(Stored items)
================
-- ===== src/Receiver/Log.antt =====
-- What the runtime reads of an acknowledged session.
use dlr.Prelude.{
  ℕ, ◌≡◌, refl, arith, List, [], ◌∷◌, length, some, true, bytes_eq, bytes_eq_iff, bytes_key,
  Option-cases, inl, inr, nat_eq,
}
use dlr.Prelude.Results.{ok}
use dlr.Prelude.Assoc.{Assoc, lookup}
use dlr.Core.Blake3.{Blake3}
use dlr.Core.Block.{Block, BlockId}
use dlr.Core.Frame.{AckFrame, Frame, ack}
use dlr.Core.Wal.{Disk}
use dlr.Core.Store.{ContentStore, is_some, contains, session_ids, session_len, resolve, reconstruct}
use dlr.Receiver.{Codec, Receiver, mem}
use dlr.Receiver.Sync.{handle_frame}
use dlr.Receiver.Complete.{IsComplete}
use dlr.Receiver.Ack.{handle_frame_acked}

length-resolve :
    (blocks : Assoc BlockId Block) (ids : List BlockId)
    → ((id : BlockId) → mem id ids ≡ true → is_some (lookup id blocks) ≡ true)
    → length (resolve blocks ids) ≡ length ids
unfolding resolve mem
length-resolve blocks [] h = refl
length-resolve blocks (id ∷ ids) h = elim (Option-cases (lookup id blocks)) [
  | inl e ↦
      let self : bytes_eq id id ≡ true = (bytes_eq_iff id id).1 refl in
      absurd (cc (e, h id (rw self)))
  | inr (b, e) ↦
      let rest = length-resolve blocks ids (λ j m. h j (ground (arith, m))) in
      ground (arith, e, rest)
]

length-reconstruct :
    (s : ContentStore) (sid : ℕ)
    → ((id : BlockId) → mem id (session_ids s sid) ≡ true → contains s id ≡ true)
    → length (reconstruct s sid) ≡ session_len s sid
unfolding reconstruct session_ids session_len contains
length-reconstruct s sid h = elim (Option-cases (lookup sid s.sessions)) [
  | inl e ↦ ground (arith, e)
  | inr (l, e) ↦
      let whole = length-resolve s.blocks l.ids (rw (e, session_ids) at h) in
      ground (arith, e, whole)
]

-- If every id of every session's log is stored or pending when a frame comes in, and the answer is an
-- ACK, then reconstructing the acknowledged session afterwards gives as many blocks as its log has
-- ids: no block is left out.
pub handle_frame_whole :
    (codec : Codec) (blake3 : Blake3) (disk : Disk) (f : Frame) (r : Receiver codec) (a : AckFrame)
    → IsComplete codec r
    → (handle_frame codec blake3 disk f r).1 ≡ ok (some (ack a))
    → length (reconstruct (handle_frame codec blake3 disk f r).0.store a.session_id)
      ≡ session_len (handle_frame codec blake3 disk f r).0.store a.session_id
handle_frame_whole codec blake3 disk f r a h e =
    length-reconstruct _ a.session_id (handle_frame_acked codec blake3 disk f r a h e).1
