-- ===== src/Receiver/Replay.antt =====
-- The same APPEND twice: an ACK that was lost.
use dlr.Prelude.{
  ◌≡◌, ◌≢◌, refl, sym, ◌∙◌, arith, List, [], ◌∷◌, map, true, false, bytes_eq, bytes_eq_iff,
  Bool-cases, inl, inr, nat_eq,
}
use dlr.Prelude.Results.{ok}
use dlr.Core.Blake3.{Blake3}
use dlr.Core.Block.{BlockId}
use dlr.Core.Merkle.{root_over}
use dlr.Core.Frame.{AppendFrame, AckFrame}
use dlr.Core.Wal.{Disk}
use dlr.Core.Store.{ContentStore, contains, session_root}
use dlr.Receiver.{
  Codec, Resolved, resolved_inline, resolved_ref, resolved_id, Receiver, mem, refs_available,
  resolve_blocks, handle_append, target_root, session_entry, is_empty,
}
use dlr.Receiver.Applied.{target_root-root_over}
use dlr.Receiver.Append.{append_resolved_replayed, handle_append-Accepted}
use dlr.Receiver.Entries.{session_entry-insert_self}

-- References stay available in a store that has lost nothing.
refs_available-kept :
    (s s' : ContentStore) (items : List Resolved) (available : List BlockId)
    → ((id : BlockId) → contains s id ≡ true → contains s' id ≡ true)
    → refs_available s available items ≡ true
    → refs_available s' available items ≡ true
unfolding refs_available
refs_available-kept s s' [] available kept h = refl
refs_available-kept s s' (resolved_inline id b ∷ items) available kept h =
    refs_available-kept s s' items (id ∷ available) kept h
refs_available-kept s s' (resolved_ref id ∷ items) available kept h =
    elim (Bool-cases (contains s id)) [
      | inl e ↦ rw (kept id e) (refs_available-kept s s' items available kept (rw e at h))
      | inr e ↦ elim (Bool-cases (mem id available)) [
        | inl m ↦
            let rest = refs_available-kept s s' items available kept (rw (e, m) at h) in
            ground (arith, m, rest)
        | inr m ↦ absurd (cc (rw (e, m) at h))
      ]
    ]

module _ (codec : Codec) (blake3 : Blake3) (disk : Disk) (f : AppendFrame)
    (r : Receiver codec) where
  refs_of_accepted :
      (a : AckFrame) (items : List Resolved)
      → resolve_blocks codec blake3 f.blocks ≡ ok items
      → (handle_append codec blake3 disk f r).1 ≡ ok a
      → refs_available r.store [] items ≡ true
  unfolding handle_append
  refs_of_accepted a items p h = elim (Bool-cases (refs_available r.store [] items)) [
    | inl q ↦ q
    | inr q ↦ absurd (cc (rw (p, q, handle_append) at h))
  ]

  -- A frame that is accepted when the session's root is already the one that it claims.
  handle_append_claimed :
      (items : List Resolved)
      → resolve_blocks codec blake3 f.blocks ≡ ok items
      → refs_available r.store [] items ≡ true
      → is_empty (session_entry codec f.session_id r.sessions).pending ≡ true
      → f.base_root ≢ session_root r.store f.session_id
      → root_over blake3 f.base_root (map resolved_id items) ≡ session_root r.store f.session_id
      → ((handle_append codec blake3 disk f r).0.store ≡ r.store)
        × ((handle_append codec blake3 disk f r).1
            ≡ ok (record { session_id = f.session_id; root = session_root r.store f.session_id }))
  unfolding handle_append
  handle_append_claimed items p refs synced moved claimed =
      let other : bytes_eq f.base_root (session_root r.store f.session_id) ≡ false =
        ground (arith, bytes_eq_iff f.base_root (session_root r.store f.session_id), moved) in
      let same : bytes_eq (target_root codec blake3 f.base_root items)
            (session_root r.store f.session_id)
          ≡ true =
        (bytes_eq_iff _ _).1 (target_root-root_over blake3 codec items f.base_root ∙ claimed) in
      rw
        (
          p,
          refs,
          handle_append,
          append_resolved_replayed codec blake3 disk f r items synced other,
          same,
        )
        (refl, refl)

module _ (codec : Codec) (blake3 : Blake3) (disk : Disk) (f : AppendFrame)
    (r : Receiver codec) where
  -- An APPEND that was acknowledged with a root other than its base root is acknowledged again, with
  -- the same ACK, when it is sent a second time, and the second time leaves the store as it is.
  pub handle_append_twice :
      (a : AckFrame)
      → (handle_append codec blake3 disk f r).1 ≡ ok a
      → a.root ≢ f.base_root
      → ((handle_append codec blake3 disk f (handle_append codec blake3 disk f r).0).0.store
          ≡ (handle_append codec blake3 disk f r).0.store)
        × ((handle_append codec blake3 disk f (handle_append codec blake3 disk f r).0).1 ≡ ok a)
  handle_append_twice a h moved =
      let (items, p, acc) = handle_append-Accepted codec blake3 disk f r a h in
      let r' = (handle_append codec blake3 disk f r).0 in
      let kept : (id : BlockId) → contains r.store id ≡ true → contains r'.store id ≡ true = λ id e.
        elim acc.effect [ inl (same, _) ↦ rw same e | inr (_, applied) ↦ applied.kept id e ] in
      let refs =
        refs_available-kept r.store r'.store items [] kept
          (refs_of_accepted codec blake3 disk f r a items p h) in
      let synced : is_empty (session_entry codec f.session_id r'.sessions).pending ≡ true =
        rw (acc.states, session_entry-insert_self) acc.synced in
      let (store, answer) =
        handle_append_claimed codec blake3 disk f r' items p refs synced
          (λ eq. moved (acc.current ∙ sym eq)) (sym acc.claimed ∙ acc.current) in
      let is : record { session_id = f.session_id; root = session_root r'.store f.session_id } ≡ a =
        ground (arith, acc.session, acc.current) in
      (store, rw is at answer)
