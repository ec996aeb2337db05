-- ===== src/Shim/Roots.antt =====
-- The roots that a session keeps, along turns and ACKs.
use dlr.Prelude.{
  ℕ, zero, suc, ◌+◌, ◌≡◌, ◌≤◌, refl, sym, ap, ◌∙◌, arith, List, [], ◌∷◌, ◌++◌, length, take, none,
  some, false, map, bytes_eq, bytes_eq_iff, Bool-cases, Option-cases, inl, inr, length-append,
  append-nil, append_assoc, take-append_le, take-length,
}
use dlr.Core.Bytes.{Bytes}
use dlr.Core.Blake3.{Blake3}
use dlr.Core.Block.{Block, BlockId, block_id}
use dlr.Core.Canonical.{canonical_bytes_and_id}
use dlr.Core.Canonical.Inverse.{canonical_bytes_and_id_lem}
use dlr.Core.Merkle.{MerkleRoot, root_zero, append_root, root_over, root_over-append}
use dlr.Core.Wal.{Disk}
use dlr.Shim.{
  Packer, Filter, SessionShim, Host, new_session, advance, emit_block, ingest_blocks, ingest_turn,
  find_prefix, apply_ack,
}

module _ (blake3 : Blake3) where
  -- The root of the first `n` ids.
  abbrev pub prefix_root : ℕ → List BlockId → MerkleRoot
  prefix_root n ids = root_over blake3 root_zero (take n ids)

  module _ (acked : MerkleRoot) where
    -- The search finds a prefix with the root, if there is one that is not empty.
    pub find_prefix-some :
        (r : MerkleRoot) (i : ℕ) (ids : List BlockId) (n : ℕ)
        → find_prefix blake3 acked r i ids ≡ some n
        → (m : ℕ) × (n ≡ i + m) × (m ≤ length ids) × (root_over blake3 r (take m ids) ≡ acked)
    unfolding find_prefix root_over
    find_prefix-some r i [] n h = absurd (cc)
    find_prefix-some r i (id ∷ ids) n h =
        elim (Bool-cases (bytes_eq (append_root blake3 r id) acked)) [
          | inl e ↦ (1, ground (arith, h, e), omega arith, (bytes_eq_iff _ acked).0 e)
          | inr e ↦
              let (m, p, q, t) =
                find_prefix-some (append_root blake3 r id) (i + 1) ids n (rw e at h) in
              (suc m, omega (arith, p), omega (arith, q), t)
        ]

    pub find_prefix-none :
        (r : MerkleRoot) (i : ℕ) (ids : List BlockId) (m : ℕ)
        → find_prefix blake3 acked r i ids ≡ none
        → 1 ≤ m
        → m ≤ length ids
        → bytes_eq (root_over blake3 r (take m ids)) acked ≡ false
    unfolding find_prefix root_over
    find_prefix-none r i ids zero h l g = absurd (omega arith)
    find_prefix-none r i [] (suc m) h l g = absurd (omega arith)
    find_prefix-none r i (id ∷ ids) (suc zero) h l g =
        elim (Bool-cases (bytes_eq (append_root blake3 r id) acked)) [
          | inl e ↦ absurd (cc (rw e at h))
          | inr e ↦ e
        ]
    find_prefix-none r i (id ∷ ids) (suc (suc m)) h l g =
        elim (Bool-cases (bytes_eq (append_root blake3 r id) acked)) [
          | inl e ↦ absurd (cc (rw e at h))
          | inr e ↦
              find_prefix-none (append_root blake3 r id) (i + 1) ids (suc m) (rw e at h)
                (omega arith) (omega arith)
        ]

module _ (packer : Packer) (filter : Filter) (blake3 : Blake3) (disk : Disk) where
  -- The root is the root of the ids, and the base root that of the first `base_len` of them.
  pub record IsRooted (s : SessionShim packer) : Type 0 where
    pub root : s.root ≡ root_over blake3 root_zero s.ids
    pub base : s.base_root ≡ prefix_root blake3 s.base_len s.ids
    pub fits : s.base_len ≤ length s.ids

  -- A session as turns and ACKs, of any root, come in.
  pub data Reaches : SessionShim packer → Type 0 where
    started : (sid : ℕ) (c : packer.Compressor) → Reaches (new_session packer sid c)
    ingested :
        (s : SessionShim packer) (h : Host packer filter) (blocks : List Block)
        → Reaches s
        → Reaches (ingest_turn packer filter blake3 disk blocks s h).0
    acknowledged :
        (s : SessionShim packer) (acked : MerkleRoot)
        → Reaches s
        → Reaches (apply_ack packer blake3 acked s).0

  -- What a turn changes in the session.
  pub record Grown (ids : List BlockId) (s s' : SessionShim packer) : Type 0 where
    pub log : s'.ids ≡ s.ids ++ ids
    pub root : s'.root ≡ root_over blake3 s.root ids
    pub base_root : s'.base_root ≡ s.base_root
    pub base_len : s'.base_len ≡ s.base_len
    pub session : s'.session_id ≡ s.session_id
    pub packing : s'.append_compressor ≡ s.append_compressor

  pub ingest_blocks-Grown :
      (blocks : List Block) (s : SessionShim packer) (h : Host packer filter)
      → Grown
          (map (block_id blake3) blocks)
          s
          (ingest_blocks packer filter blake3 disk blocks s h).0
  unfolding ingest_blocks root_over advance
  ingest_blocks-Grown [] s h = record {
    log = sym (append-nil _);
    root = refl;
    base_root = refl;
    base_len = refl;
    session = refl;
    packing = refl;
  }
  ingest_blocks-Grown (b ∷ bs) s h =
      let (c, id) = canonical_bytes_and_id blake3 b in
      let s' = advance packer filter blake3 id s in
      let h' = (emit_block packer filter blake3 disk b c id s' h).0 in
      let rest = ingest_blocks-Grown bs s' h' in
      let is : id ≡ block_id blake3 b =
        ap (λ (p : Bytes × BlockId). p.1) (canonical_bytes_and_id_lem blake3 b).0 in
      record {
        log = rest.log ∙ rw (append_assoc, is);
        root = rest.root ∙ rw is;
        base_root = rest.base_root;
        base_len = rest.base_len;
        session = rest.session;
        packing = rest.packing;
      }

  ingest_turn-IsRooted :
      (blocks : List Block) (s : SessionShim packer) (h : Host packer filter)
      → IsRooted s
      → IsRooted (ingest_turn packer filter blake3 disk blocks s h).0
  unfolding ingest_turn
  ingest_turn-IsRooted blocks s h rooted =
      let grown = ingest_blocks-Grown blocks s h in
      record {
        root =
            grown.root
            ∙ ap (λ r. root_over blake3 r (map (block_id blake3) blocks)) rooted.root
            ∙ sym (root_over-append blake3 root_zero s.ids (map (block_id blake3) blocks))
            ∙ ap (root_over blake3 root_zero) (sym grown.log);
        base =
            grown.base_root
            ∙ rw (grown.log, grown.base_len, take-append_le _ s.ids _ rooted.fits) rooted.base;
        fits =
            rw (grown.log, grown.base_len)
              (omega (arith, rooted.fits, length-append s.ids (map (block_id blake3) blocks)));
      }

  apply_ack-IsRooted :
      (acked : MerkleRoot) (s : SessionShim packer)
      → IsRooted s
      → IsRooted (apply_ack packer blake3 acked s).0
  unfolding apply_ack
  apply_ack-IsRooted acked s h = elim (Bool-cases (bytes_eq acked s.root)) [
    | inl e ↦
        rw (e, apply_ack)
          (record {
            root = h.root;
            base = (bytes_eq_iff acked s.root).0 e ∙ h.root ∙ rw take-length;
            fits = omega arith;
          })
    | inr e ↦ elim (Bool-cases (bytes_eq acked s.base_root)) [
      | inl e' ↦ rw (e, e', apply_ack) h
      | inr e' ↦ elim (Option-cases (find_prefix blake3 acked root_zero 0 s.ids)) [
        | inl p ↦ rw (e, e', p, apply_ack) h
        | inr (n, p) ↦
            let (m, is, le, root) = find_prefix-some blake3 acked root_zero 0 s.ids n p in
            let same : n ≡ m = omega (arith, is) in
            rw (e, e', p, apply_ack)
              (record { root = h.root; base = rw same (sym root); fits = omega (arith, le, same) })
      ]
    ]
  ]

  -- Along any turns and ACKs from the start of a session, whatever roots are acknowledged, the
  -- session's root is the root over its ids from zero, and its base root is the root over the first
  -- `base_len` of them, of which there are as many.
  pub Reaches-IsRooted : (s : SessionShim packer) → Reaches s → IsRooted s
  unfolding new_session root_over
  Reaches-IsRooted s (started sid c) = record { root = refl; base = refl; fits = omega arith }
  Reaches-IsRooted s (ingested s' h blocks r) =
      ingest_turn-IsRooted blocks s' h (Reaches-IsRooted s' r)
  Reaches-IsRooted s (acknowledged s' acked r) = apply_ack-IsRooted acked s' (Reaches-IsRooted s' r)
================
## Work to be completed:
Exactly the lines from the one containing "unfolding new_session root_over" through the end of the records should be reproduced, and no others.

## Task solution:
  unfolding new_session root_over
  Reaches-IsRooted s (started sid c) = record { root = refl; base = refl; fits = omega arith }
  Reaches-IsRooted s (ingested s' h blocks r) =
      ingest_turn-IsRooted blocks s' h (Reaches-IsRooted s' r)
  Reaches-IsRooted s (acknowledged s' acked r) = apply_ack-IsRooted acked s' (Reaches-IsRooted s' r)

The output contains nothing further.